CULTURED: It’s part of Creative Capital's mission to fund the arts as an essential facet of democracy. The last five years have been marked by a lot of political upheaval and movements across the country. I'm wondering how you see artists’ or the arts’ role in that at this moment.

Kuan: We were founded after the National Endowment for the Arts discontinued its grants to individual artists, and we've always believed that one single artist can have an outsized influence on the world. We were founded by the Warhol Foundation, so it's truly embedded in the roots of this organization that we believe in the individual artist and their power to contribute to society. 

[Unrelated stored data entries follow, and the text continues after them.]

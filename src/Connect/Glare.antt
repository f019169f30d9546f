-- ===== src/Connect/Glare.antt =====
-- Two invites that cross.
use lortnoc_tahc.Base.{◌≡◌, refl, ap, false, some, [], list_eq, Text, length}
use lortnoc_tahc.Frame.{offer}
use lortnoc_tahc.Keys.{Crypto, CryptoLaws, KeyPair, derive_conv_key}
use lortnoc_tahc.Session.{is_established, start_offer, already_handled}
use lortnoc_tahc.Connect.{World, Content, send_offer, DecodeReply}
use lortnoc_tahc.Connect.Sound.{Sound}
use lortnoc_tahc.Connect.Wire.{Carries, hear, own_key, send_offer_up}
use lortnoc_tahc.Connect.Sides.{joined, noted, crossing, late_ack}
use lortnoc_tahc.Connect.Parties
use lortnoc_tahc.Connect.Parties.{Connected, same_keys}

module _ (c : Crypto) (laws : CryptoLaws c) (read : Text → DecodeReply) (wa wb : World)
    (ua : Carries wa read) (ub : Carries wb read) (a b : Content) (va : Sound c a)
    (vb : Sound c b) where
  abbrev left_key : KeyPair
  left_key = own_key c read wa a

  abbrev right_key : KeyPair
  right_key = own_key c read wb b

  same :
      derive_conv_key c left_key.private right_key.public left_key.public
      ≡ derive_conv_key c right_key.private left_key.public right_key.public
  same = same_keys c laws read wa wb ua ub a b va vb

  left_sized : length left_key.public ≡ 32
  left_sized = Parties.left_sized c laws read wa wb ua ub a b va vb

  right_sized : length right_key.public ≡ 32
  right_sized = Parties.right_sized c laws read wa wb ua ub a b va vb

  left_regular : c.low_order left_key.public ≡ false
  left_regular = Parties.left_regular c laws read wa wb ua ub a b va vb

  right_regular : c.low_order right_key.public ≡ false
  right_regular = Parties.right_regular c laws read wa wb ua ub a b va vb

  module _ (unset : is_established a.session.status ≡ false)
      (unset' : is_established b.session.status ≡ false)
      (differ : list_eq left_key.public right_key.public ≡ false)
      (differ' : list_eq right_key.public left_key.public ≡ false)
      (new : (already_handled b.session offer left_key.public).1 ≡ false)
      (new' : (already_handled a.session offer right_key.public).1 ≡ false) where
    abbrev left : Content
    left = joined c wa (noted c wa a offer right_key.public) right_key.public

    abbrev right : Content
    right = joined c wb (noted c wb b offer left_key.public) left_key.public

    glare_meeting : Connected left right
    unfolding start_offer
    glare_meeting = record { here = refl; there = refl; keyed = refl; same_key = ap some same }

    -- Both sides connect before either reads: each accepts the offer of the other with no tap, both
    -- are established on one conversation key, and the two ACKs that cross change nothing. Neither
    -- side is established before, the two public keys differ, neither guard has seen the offer, and
    -- the chat carries the frames.
    pub glare_completes :
        let sent = send_offer c wa a in
        let sent' = send_offer c wb b in
        let met = hear c read wa sent'.1 sent.0 in
        let met' = hear c read wb sent.1 sent'.0 in
        Connected met.0 met'.0
        × (hear c read wa met'.1 met.0 ≡ (met.0, []))
        × (hear c read wb met.1 met'.0 ≡ (met'.0, []))
    glare_completes =
        rw
          (
            send_offer_up c read laws wa ua a unset,
            send_offer_up c read laws wb ub b unset',
            crossing c laws read wa ua a wb ub right_key unset right_sized differ right_regular
                new',
            crossing c laws read wb ub b wa ua left_key unset' left_sized differ' left_regular new,
          )
          (
            glare_meeting,
            late_ack c laws read wa left wb ub right_key glare_meeting.here right_sized,
            late_ack c laws read wb right wa ua left_key glare_meeting.there left_sized,
          )
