-- ===== src/Configure.antt =====
-- src/cli/configure.c and src/cli/cli.h: the `configure` command. This module has the data that the
-- command works on, and the calls that it makes of the library as a record of a client.
pub mod Parser
pub mod Rules
pub mod Command
use libxdxgpu_container.Base.{ℕ, Bool, List, [], ◌∷◌, ◌++◌, Option, none, some}
use libxdxgpu_container.Base.Int.{ℤ}
use libxdxgpu_container.Libc.{Bytes}
use libxdxgpu_container.Error.{Result, ok, err}
use libxdxgpu_container.Devices.{NvcDeviceInfo, MigRef, message}

-- `struct context`, without the fields of the other commands. `rootfs` and the texts are `none`
-- where they are NULL; `reqs` is the array's first `nreqs` entries.
pub record Context : Type 0 where
  pub init_flags : Option Bytes
  pub load_kmods : Bool
  pub pid : ℤ
  pub rootfs : Option Bytes
  pub reqs : List Bytes
  pub ldconfig : Option Bytes
  pub container_flags : Option Bytes
  pub devices : Option Bytes
  pub mig_config : Option Bytes
  pub mig_monitor : Option Bytes

-- The versions of `struct nvc_driver_info`.
pub record DriverVersions : Type 0 where
  pub nvrm_version : Option Bytes
  pub cuda_version : Option Bytes

-- The indices of `ecaps` in src/cli/main.c
pub data Phase : Type 0 where
  nvc_init nvc_init_kmods nvc_container nvc_info nvc_mount nvc_ldcache nvc_shutdown : Phase

-- The calls that the command makes, each of which can fail.
pub data Call : Type 0 where
  permitted_capabilities inheritable_capabilities bounding_capabilities : Call
  effective_capabilities : Phase → Call
  allocate_configs : Call
  init : Option Bytes → Call
  container_new : Option Bytes → Call
  driver_info_new device_info_new : Call
  allocate_devices : ℕ → Call
  driver_mount : Call
  device_mount : ℕ → Call
  mig_device_access_caps_mount : MigRef → Call
  mig_config_global_caps_mount mig_monitor_global_caps_mount : Call
  device_mig_caps_mount : ℕ → Call
  ldcache_update : Call
  shutdown : Call
  release : Call

-- What was called so far, the last call first.
abbrev pub History : Type 0
History = List Call

-- The library and the kernel: how a call ends behind those before it, with the message where it
-- fails, and what the two queries find.
pub record Library : Type 0 where
  pub respond : History → Call → Option Bytes
  pub drv : DriverVersions
  pub dev : NvcDeviceInfo

-- How a part of the command ends: with a value, or with the text that it warns with.
pub data Step (A : Type 0) : Type 0 where
  done : A → Step A
  warned : Bytes → Step A

pub data Run (A : Type 0) : Type 0 where
  act : (History → History × Step A) → Run A

abbrev pub run : {A : Type 0} → Run A → History → History × Step A
run (act m) = m

abbrev pub and_then : {A B : Type 0} → (A → Run B) → History × Step A → History × Step B
and_then f (h, done a) = run (f a) h
and_then f (h, warned text) = (h, warned text)

infixl 5 ◌>>=◌ ◌>>◌
abbrev pub ◌>>=◌ : {A B : Type 0} → Run A → (A → Run B) → Run B
m >>= f = act (λ h. and_then f (run m h))

abbrev pub ◌>>◌ : {A B : Type 0} → Run A → Run B → Run B
m >> k = m >>= λ _. k

abbrev pub pure : {A : Type 0} → A → Run A
pure a = act (λ h. (h, done a))

abbrev pub response : Bytes → Option Bytes → Step (Unit {0})
response what none = done tt
response what (some text) = warned (what ++ text)

-- `if (call < 0) { warnx("<what>: %s", ...); goto fail; }`
unfoldable pub call : Library → Bytes → Call → Run (Unit {0})
call lib what c = act (λ h. (c ∷ h, response what (lib.respond h c)))

abbrev pub checked_step : {A : Type 0} → Bytes → Result A → Step A
checked_step what (ok a) = done a
checked_step what (err e) = warned (what ++ message e)

-- The same for a function of the command itself, which calls nothing.
abbrev pub check : {A : Type 0} → Bytes → Result A → Run A
check what r = act (λ h. (h, checked_step what r))
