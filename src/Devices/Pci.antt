-- ===== src/Devices/Pci.antt =====
-- src/cli/common.c: `matches_pci_format`, with sscanf's %x and snprintf's %0x.
use libxdxgpu_container.Base.{
  ℕ, zero, suc, ◌+◌, ◌-◌, ◌*◌, ◌/◌, ◌%◌, ◌^◌, Bool, true, false, ◌&&◌, ◌||◌, [], ◌∷◌, ◌++◌, Option,
  none, some, ltb, leb, ◌==◌, if◌then◌else◌, length, take, replicate,
}
use libxdxgpu_container.Libc.{Bytes, codes, is_digit, skip_space, uintmax_mod}

abbrev hex_value : ℕ → Option ℕ
hex_value c =
    if is_digit c
    then some (c - b'0')
    else if leb b'a' c && leb c b'f'
    then some (c - b'a' + 10)
    else if leb b'A' c && leb c b'F'
    then some (c - b'A' + 10)
    else none

-- At most `width` hexadecimal digits on top of `acc`.
read_hex : ℕ → ℕ → Bytes → ℕ × Bytes
read_hex zero acc s = (acc, s)
read_hex (suc width) acc [] = (acc, [])
read_hex (suc width) acc (c ∷ s) = elim (hex_value c) [
  | none ↦ (acc, c ∷ s)
  | some v ↦ read_hex width (acc * 16 + v) s
]

abbrev is_x : ℕ → Bool
is_x c = c == b'x' || c == b'X'

-- Behind a leading zero: a prefix "0x" is passed over.
behind_zero : ℕ → Bytes → ℕ × Bytes
behind_zero zero s = (0, s)
behind_zero (suc width) [] = (0, [])
behind_zero (suc width) (c ∷ s) =
    if is_x c then read_hex width 0 s else read_hex (suc width) 0 (c ∷ s)

unsigned_hex : ℕ → Bytes → Option (ℕ × Bytes)
unsigned_hex zero s = none
unsigned_hex (suc width) [] = none
unsigned_hex (suc width) (c ∷ s) =
    if c == b'0'
    then some (behind_zero width s)
    else elim (hex_value c) [ none ↦ none | some v ↦ some (read_hex width v s) ]

-- The 32 bits that are stored: out of range counts as ULONG_MAX.
stored : Bool → ℕ × Bytes → ℕ × Bytes
stored neg (n, rest) = (
  if leb uintmax_mod n
      then 2 ^ 32 - 1
      else if neg
      then (2 ^ 32 - n % 2 ^ 32) % 2 ^ 32
      else n % 2 ^ 32,
  rest,
)

store_as : Bool → Option (ℕ × Bytes) → Option (ℕ × Bytes)
store_as neg none = none
store_as neg (some r) = some (stored neg r)

signed_hex : ℕ → Bytes → Option (ℕ × Bytes)
signed_hex width [] = none
signed_hex width (c ∷ s) =
    if c == b'-'
    then store_as true (unsigned_hex (width - 1) s)
    else if c == b'+'
    then store_as false (unsigned_hex (width - 1) s)
    else store_as false (unsigned_hex width (c ∷ s))

-- One conversion %x with at most `width` characters behind the leading white space.
unfoldable pub scan_hex : ℕ → Bytes → Option (ℕ × Bytes)
unfolding read_hex behind_zero unsigned_hex stored store_as signed_hex
scan_hex width s = signed_hex width (skip_space s)

-- A literal ':' of the format.
colon : Bytes → Option Bytes
colon [] = none
colon (c ∷ s) = if c == b':' then some s else none

-- sscanf(gpu, "%x:%02x:%02x.0", …) == 3; what follows the third number does not matter.
unfoldable pub scan_pci : Bytes → Option (ℕ × ℕ × ℕ)
unfolding scan_hex colon
scan_pci gpu = elim (scan_hex (length gpu) gpu) [
  | none ↦ none
  | some (domain, s) ↦ elim (colon s) [
    | none ↦ none
    | some s ↦ elim (scan_hex 2 s) [
      | none ↦ none
      | some (bus, s) ↦ elim (colon s) [
        | none ↦ none
        | some s ↦ elim (scan_hex 2 s) [
          | none ↦ none
          | some (device, s) ↦ some (domain, bus, device)
        ]
      ]
    ]
  ]
]

abbrev hex_digit : ℕ → ℕ
hex_digit v = if ltb v 10 then b'0' + v else b'a' + (v - 10)

-- The digits of a number in front of `out`; `fuel` is at least the number of digits.
hex_digits : ℕ → ℕ → Bytes → Bytes
hex_digits zero n out = out
hex_digits (suc fuel) n out =
    let more = hex_digits fuel (n / 16) (hex_digit (n % 16) ∷ out) in if n == 0 then out else more

-- "%0<width>x", of 32 bits
format_hex : ℕ → ℕ → Bytes
format_hex width n =
    let digits = hex_digits 8 n [] in replicate (width - length digits) b'0' ++ digits

-- NVML_DEVICE_PCI_BUS_ID_BUFFER_SIZE + 1
abbrev pub busid_buffer : ℕ
busid_buffer = 33

-- The buffer that is filled, or `none` for `false`.
unfoldable pub matches_pci_format : Bytes → ℕ → Option Bytes
unfolding scan_pci hex_digits format_hex
matches_pci_format gpu bufsize = elim (scan_pci gpu) [
  | none ↦ none
  | some (domain, bus, device) ↦ some (
      take (bufsize - 1) (
        format_hex 8 domain
        ++ b':' ∷ (format_hex 2 bus ++ b':' ∷ (format_hex 2 device ++ codes ".0"))))
]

I think what we're seeing now is that Creative Capital's work is more relevant than ever. It's not about the market; it's not about what sells or what's hot. Many of our awardees are financially and commercially successful, but we're really interested in fostering new ideas and a spirit of generosity. Our work is made possible by Andy Warhol’s life and [the Andy Warhol Foundation for the Visual Arts] is giving back to other artists. The fun part is, we don't prescribe what we're looking for. Our mission is not only about the artist’s freedom to create what they dream of making, but also that Creative Capital has the freedom to fund what’s bold, groundbreaking, and never-before-seen. 

As an independent public charity that fundraises every dollar we give to artists, we're free to fund whatever the reviewers deem to be exciting and radical in the field. That's very liberating for me as president, to be in that position where I can just say, “We don't know what's going to come in this year, but we have the freedom to support it.”